Wood Mackenzie unveils new forecast figures for renewables in the Asia-Pacific region.
The Asia-Pacific region is set to install 55 percent of all the world’s new PV in the next five years, new figures show.
The data, from Wood Mackenzie Power & Renewables, shows demand across the region holding steady over the next half decade, even though this year will see a dip in PV installation rates for the first time ever.
Cumulative capacity in Asia-Pacific, which includes Australia in WoodMac’s analytical framework, will increase by 60 percent, from 222 gigawatts in 2017 to 578 gigawatts in 2023. China, India and Japan will together account for 78 percent of this capacity increase.
The countries will install 279 gigawatts of solar PV between 2018 and 2023. However, in the short term, these countries are seeing cuts in growth rate as a result of subsidy phaseouts.
As in Europe, markets across the APAC region are transitioning from feed-in tariffs to alternatives including competitive auctions, green certificate schemes and net metering plans. Moving from subsidies to auctions has helped to significantly cut costs for solar in the region.
In Thailand, for example, costs went down by 40 percent between 2016 and 2017, simply because of a move from feed-in tariffs to auctions. The phaseout in feed-in tariffs is, however, leading to diminished demand in several key markets, including China.
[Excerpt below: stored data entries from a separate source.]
-- ===== src/Cleanse/Lengths.antt =====
-- The four copies of the lines that `CleansedLines` holds.
use nwtool.Base.{length, length-map, Text, ◌≡◌, refl, ◌∙◌, some, List, map}
use nwtool.Cleanse.RawStrings.Total.{cleanse_raw_strings-total}
use nwtool.Cleanse.Strings.{collapse_strings, cleanse_comments}
use nwtool.Cleanse.{CleansedLines, cleansed_lines}

-- `CleansedLines` is built for any lines with no exception, each of its other copies has as many
-- lines as the file, and the raw lines are the file's.
pub cleansed_lines-lengths :
    (raw : List Text)
    → (c : CleansedLines) × (cleansed_lines raw ≡ some c)
      × (length c.elided ≡ length raw)
      × (length c.lines ≡ length raw)
      × (length c.lines_without_raw_strings ≡ length raw)
      × (c.raw_lines ≡ raw)
unfolding cleansed_lines
cleansed_lines-lengths raw =
    let (without, runs, same) = cleanse_raw_strings-total raw in
    (
      record {
        elided = map (λ l. cleanse_comments (collapse_strings l)) without;
        lines = map cleanse_comments without;
        raw_lines = raw;
        lines_without_raw_strings = without;
      },
      rw (runs, cleansed_lines),
      length-map _ without ∙ same,
      length-map _ without ∙ same,
      same,
      refl,
    )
Demand in China is set to fall by 30 percent this year. Australia, the region’s second-largest solar market, is also expected to see diminishing demand from this year as a result of policy uncertainty.
Nevertheless, the market is expected to add 13.6 gigawatts of solar capacity through to 2023. The APAC dip will cause global solar demand to decline for the first time ever this year, dropping from 97.3 gigawatts in 2017 to 90.7 gigawatts in 2018, Wood Mackenzie estimates.
Demand, led by China, is set to pick up again from next year, although WoodMac foresees China’s dominance of the Asia-Pacific PV market diminishing over time as other countries ramp up installations.
Across the region, solar should be able to reach around 5 percent of total power demand by 2035.
“Solar capacity coming online is high, but because of its low capacity factors, the displacement in terms of generation is low,” said Wood Mackenzie solar analyst Rishab Shrestha on a press call this week.
The levelized cost of energy (LCOE) of PV in the region is set to drop by a further 25 percent, on the back of a similar drop in capital costs, said Shrestha.
New installations across the region are expected to be evenly split between small-scale systems, of less than 5 megawatts, and larger plants. Around 15 percent of all installations are set to be under 20 kilowatts.
“There are a lot of rooftop auctions, particularly in India,” said Shrestha. “Those are driving demand.”
Alongside solar, Asia-Pacific is expected to see a twentyfold boom in offshore wind, putting the region on course to come close to Europe in terms of overall installed capacity, Wood Mackenzie’s figures show.
Growth in the region will be fueled by a roaring market in China, along with increasing growth in Taiwan, Japan, South Korea and India, which has the largest offshore wind installation target in Asia despite not having a single commercial project in the water today.
Planned APAC offshore wind installations will be almost exclusively in nearshore locations, with adoption driven by rapidly falling costs.
The LCOE for offshore wind is expected to fall by 44 percent between 2018 and 2023, said Wood Mackenzie senior analyst Robert Liew. Already the region was seeing bids that were cheaper than those in Europe, he said.
APAC is suited to offshore wind, he said, because of its long coastlines and economies that already have experience in maritime construction. Foreign developers are interested in the region but the markets in Asia-Pacific remain highly sensitive to pricing.
The development of some markets is still very much in the air. In Australia, for example, Liew said developers still have to make the case that they can compete with onshore wind.
Plus, the size of the projects under consideration in Australia means they will have to get approval from the federal government, which is not exactly known for its staunch support of renewables.